Haïm's 2001 conducting debut with Glyndebourne Touring Opera, in a production of Handel's Rodelinda, brought her to wider artistic notice. She returned to Glyndebourne in 2006 to conduct their production of Giulio Cesare. Her first conducting appearance at The Proms was in July 2008. Her US conducting debut was in 2003, with Chicago Opera Theater. On 2 November 2007 she became the first woman to conduct at the Lyric Opera of Chicago, conducting Giulio Cesare. Her first US conducting appearance with a symphony orchestra was in November 2011, in Los Angeles.

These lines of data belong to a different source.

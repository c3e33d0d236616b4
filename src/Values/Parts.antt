-- ===== src/Values/Parts.antt =====
-- When the comparisons of numbers, bytes, texts and elements come out equal.
use corto.Base.{
  ℕ, ◌≡◌, refl, sym, ap, ◌∙◌, inl, inr, true, Option, none, some, List, [], ◌∷◌, ◌==◌, Text, length,
  arith, Bool-cases,
}
use corto.Base.Int.{ℤ, pos, negsuc}
use corto.Values.{
  Comparison, eq, lt, gt, neq, Shape, array, sequence, list, map, compare_number, compare_bytes,
  compare_text, sign, and_then, compare_each, memory, compare_shapes, compare_collection, same_case,
  compare_lists,
}

pub compare_number_sound : (a b : ℤ) → compare_number a b ≡ eq → a ≡ b
unfolding compare_number
compare_number_sound (pos a) (pos b) e = ap pos (ground arith)
compare_number_sound (pos a) (negsuc b) e = absurd (ground arith)
compare_number_sound (negsuc a) (pos b) e = absurd (ground arith)
compare_number_sound (negsuc a) (negsuc b) e = ap negsuc (ground arith)

pub compare_number_refl : (a : ℤ) → compare_number a a ≡ eq
unfolding compare_number
compare_number_refl a = ground arith

compare_bytes_sound : (a b : List ℕ) → compare_bytes a b ≡ eq → a ≡ b
unfolding compare_bytes
compare_bytes_sound [] [] e = refl
compare_bytes_sound [] (d ∷ ds) e = absurd (cc)
compare_bytes_sound (c ∷ cs) [] e = absurd (cc)
compare_bytes_sound (c ∷ cs) (d ∷ ds) e = ground (arith, compare_bytes_sound cs ds)

compare_bytes_refl : (a : List ℕ) → compare_bytes a a ≡ eq
unfolding compare_bytes
compare_bytes_refl [] = refl
compare_bytes_refl (c ∷ cs) = ground (arith, compare_bytes_refl cs)

-- The characters of a text, if there is one.
abbrev pub content : Option (ℕ × Text) → Option Text
content none = none
content (some (p, a)) = some a

pub compare_text_sound : (a b : Option (ℕ × Text)) → compare_text a b ≡ eq → content a ≡ content b
unfolding compare_text
compare_text_sound none none e = refl
compare_text_sound none (some b) e = absurd (cc)
compare_text_sound (some a) none e = absurd (cc)
compare_text_sound (some (p, a)) (some (q, b)) e = ap some (compare_bytes_sound a b e)

pub compare_text_complete :
    (a b : Option (ℕ × Text)) → content a ≡ content b → compare_text a b ≡ eq
unfolding compare_text
compare_text_complete none none e = refl
compare_text_complete none (some b) e = absurd (cc)
compare_text_complete (some a) none e = absurd (cc)
compare_text_complete (some (p, a)) (some (q, b)) e =
    let same : a ≡ b = cc in ap (compare_bytes a) (sym same) ∙ compare_bytes_refl a

pub same_case_sound : (a b : Option ℕ) → same_case a b ≡ true → a ≡ b
same_case_sound none none e = refl
same_case_sound none (some b) e = absurd (cc)
same_case_sound (some a) none e = absurd (cc)
same_case_sound (some a) (some b) e = ground arith

pub same_case_refl : (a : Option ℕ) → same_case a a ≡ true
same_case_refl none = refl
same_case_refl (some a) = ground arith

pub and_then-parts : (x y : Comparison) → and_then x y ≡ eq → (x ≡ eq) × (y ≡ eq)
and_then-parts eq y e = (refl, e)
and_then-parts lt y e = absurd (cc)
and_then-parts gt y e = absurd (cc)
and_then-parts neq y e = absurd (cc)

sign-eq : (x : Comparison) → sign x ≡ eq → x ≡ eq
sign-eq eq e = refl
sign-eq lt e = absurd (cc)
sign-eq gt e = absurd (cc)
sign-eq neq e = absurd (cc)

-- Two lists of the same length, related element by element.
abbrev pub AllSame : {A : Type 0} → (A → A → Type 0) → List A → List A → Type 0
AllSame R [] [] = Unit
AllSame R [] (y ∷ ys) = ⊥
AllSame R (x ∷ xs) [] = ⊥
AllSame R (x ∷ xs) (y ∷ ys) = R x y × AllSame R xs ys

module _ {A : Type 0} (compare : A → A → Comparison) (bytes : A → List ℕ) (R : A → A → Type 0) where
  -- Collections of one kind that are the same: arrays and sequences have the same memory, lists are
  -- both NULL or both not and their elements are the same, maps have the same size.
  abbrev pub SameElements : Shape → ℕ × List A → ℕ × List A → Type 0
  SameElements array (a, xs) (b, ys) =
      (length xs ≡ length ys) × (memory compare bytes xs ≡ memory compare bytes ys)
  SameElements sequence (a, xs) (b, ys) =
      (length xs ≡ length ys) × (memory compare bytes xs ≡ memory compare bytes ys)
  SameElements list (a, xs) (b, ys) = ((a == 0) ≡ (b == 0)) × AllSame R xs ys
  SameElements map (a, xs) (b, ys) = length xs ≡ length ys

  module _ (sound : (x y : A) → compare x y ≡ eq → R x y) where
    each_sound :
        (xs ys : List A)
        → length xs ≡ length ys
        → compare_each compare bytes xs ys ≡ eq
        → AllSame R xs ys
    unfolding compare_each
    each_sound [] [] l e = tt
    each_sound [] (y ∷ ys) l e = absurd (omega arith)
    each_sound (x ∷ xs) [] l e = absurd (omega arith)
    each_sound (x ∷ xs) (y ∷ ys) l e =
        let (h, k) = and_then-parts (compare x y) (compare_each compare bytes xs ys) e in
        (sound x y h, each_sound xs ys (omega arith) k)

    lists_sound :
        (a b : ℕ) (xs ys : List A)
        → length xs ≡ length ys
        → compare_lists compare bytes (a, xs) (b, ys) ≡ eq
        → ((a == 0) ≡ (b == 0)) × AllSame R xs ys
    unfolding compare_lists
    lists_sound a b xs ys l e = elim (Bool-cases (a == 0)) [
      | inl m ↦ elim (Bool-cases (b == 0)) [
        | inl n ↦ (m ∙ sym n, each_sound xs ys l (rw (m, n, compare_lists) at e))
        | inr n ↦ absurd (cc (rw (m, n, compare_lists) at e))
      ]
      | inr m ↦ elim (Bool-cases (b == 0)) [
        | inl n ↦ absurd (cc (rw (m, n, compare_lists) at e))
        | inr n ↦ (m ∙ sym n, each_sound xs ys l (rw (m, n, compare_lists) at e))
      ]
    ]

    pub collection_sound :
        (s : Shape) (a b : ℕ) (xs ys : List A)
        → compare_collection compare bytes s s (a, xs) (b, ys) ≡ eq
        → SameElements s (a, xs) (b, ys)
    unfolding compare_collection compare_shapes
    collection_sound s a b xs ys e = elim (Bool-cases (length xs == length ys)) [
      | inl q ↦
          shapes s (ground arith)
            (sign-eq (compare_shapes compare bytes s s (a, xs) (b, ys)) (sym (rw q refl) ∙ e))
      | inr q ↦ absurd (ground arith)
    ]
      where
        shapes :
            (s : Shape)
            → length xs ≡ length ys
            → compare_shapes compare bytes s s (a, xs) (b, ys) ≡ eq
            → SameElements s (a, xs) (b, ys)
        shapes array l e =
            (l, compare_bytes_sound (memory compare bytes xs) (memory compare bytes ys) e)
        shapes sequence l e =
            (l, compare_bytes_sound (memory compare bytes xs) (memory compare bytes ys) e)
        shapes list l e = lists_sound a b xs ys l e
        shapes map l e = l

  module _ (complete : (x y : A) → R x y → compare x y ≡ eq) where
    each_complete :
        (xs ys : List A)
        → AllSame R xs ys
        → (length xs ≡ length ys) × (compare_each compare bytes xs ys ≡ eq)
    unfolding compare_each
    each_complete [] [] h = (refl, refl)
    each_complete [] (y ∷ ys) h = absurd h
    each_complete (x ∷ xs) [] h = absurd h
    each_complete (x ∷ xs) (y ∷ ys) h =
        let (l, e) = each_complete xs ys h.1 in (omega arith, rw (complete x y h.0) e)

    lists_complete :
        (a b : ℕ) (xs ys : List A)
        → (a == 0) ≡ (b == 0)
        → AllSame R xs ys
        → (length xs ≡ length ys) × (compare_lists compare bytes (a, xs) (b, ys) ≡ eq)
    unfolding compare_lists
    lists_complete a b xs ys n h =
        let (l, e) = each_complete xs ys h in
        (l, (elim (Bool-cases (b == 0)) [ inl m ↦ rw (n, m) e | inr m ↦ rw (n, m) e ]))

    pub collection_complete :
        (s : Shape) (a b : ℕ) (xs ys : List A)
        → SameElements s (a, xs) (b, ys)
        → compare_collection compare bytes s s (a, xs) (b, ys) ≡ eq
    unfolding compare_collection compare_shapes
    collection_complete s a b xs ys h =
        let (l, e) = shapes s h in
        let q : (length xs == length ys) ≡ true = ground arith in rw (q, e) refl
      where
        shapes :
            (s : Shape)
            → SameElements s (a, xs) (b, ys)
            → (length xs ≡ length ys) × (compare_shapes compare bytes s s (a, xs) (b, ys) ≡ eq)
        shapes array (l, h) = (
          l,
          ap (compare_bytes (memory compare bytes xs)) (sym h)
              ∙ compare_bytes_refl (memory compare bytes xs),
        )
        shapes sequence (l, h) = (
          l,
          ap (compare_bytes (memory compare bytes xs)) (sym h)
              ∙ compare_bytes_refl (memory compare bytes xs),
        )
        shapes list (n, h) = lists_complete a b xs ys n h
        shapes map h = (h, refl)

In 2023, Haïm conducted Handel's Giulio Cesare in a new production by Calixto Bieito for the Dutch National Opera with Le Concert d'Astrée, Purcell's The Indian Queen at the Grand Théâtre de Luxembourg, a new production of Mozart's Don Giovanni directed by Guy Cassiers with the Opéra de Lille, and a new production of Rameau's Platée for Zürich Opera House directed by Jetske Mijnssen.

==Personal life==
Haïm has been married and divorced. She is the mother of a daughter, Louise, from her relationship with oboist Laurent Decker.

==Recording career==
Haïm has a recording contract with Virgin Classics. Her collaborators have included Natalie Dessay, Ian Bostridge, Rolando Villazón, Philippe Jaroussky, Susan Graham, Sara Mingardo and Laurent Naouri.

Discography (extract)
- Handel, Arcadian Duets with Natalie Dessay, Laura Claycomb, Véronique Gens et al. (2002, Virgin Classics)
- Purcell, Dido and Aenas with Susan Graham, Ian Bostridge et al. (2003, Virgin Classics)
- Monteverdi, L'Orfeo with Ian Bostridge, Natalie Dessay, Véronique Gens et al. (2004, Virgin Classics)
- Handel, Delirio with Natalie Dessay (2005, Virgin Classics)
- Monteverdi, Il Combatimento Di Tancredi I Clorinda with Rolando Villazón et al. (2006, Virgin Classics)
- Handel, Il Trionfo del tempo e del disinganno with Natalie Dessay, Ann Hallenberg et al. (2007, Virgin Classics)
- Lamenti with Rolando Villazón, Natalie Dessay, Véronique Gens, Joyce DiDonato et al. (2008, Virgin Classics)
- Bach, Cantatas with Natalie Dessay (2008, Virgin Classics)
- Handel, Cleopatra with Natalie Dessay (2011, Virgin Classics)
- Une fête baroque with Natalie Dessay, Ann Hallenberg, Philippe Jaroussky, Rolando Villazón et al. (2012, Virgin Classics)
- Mozart, Mitridate, re di Ponto, Michael Spyres, Patricia Petibon, Myrtò Papatanasiu, Christophe Dumaux, Sabine Devieilhe, Cyrille Dubois, Jaël Azzaretti; Clément Hervieu-Léger (staging); Le Concert d'Astrée / Emmanuelle Haïm (dir.) (2017 Erato DVD)

==Awards and recognition==
Emmanuelle Haïm became a Chevalier of the Legion of Honour in 2009, and is a Chevalier of the Ordre des Arts et des Lettres. In 2007, she was granted honorary membership of the Royal Academy of Music, London. In 2017, she was appointed Officier of the Ordre national du Mérite. She received the insignia on 19 June 2018.

===Memberships===
Haïm is foreign member of the Royal Swedish Academy of Music.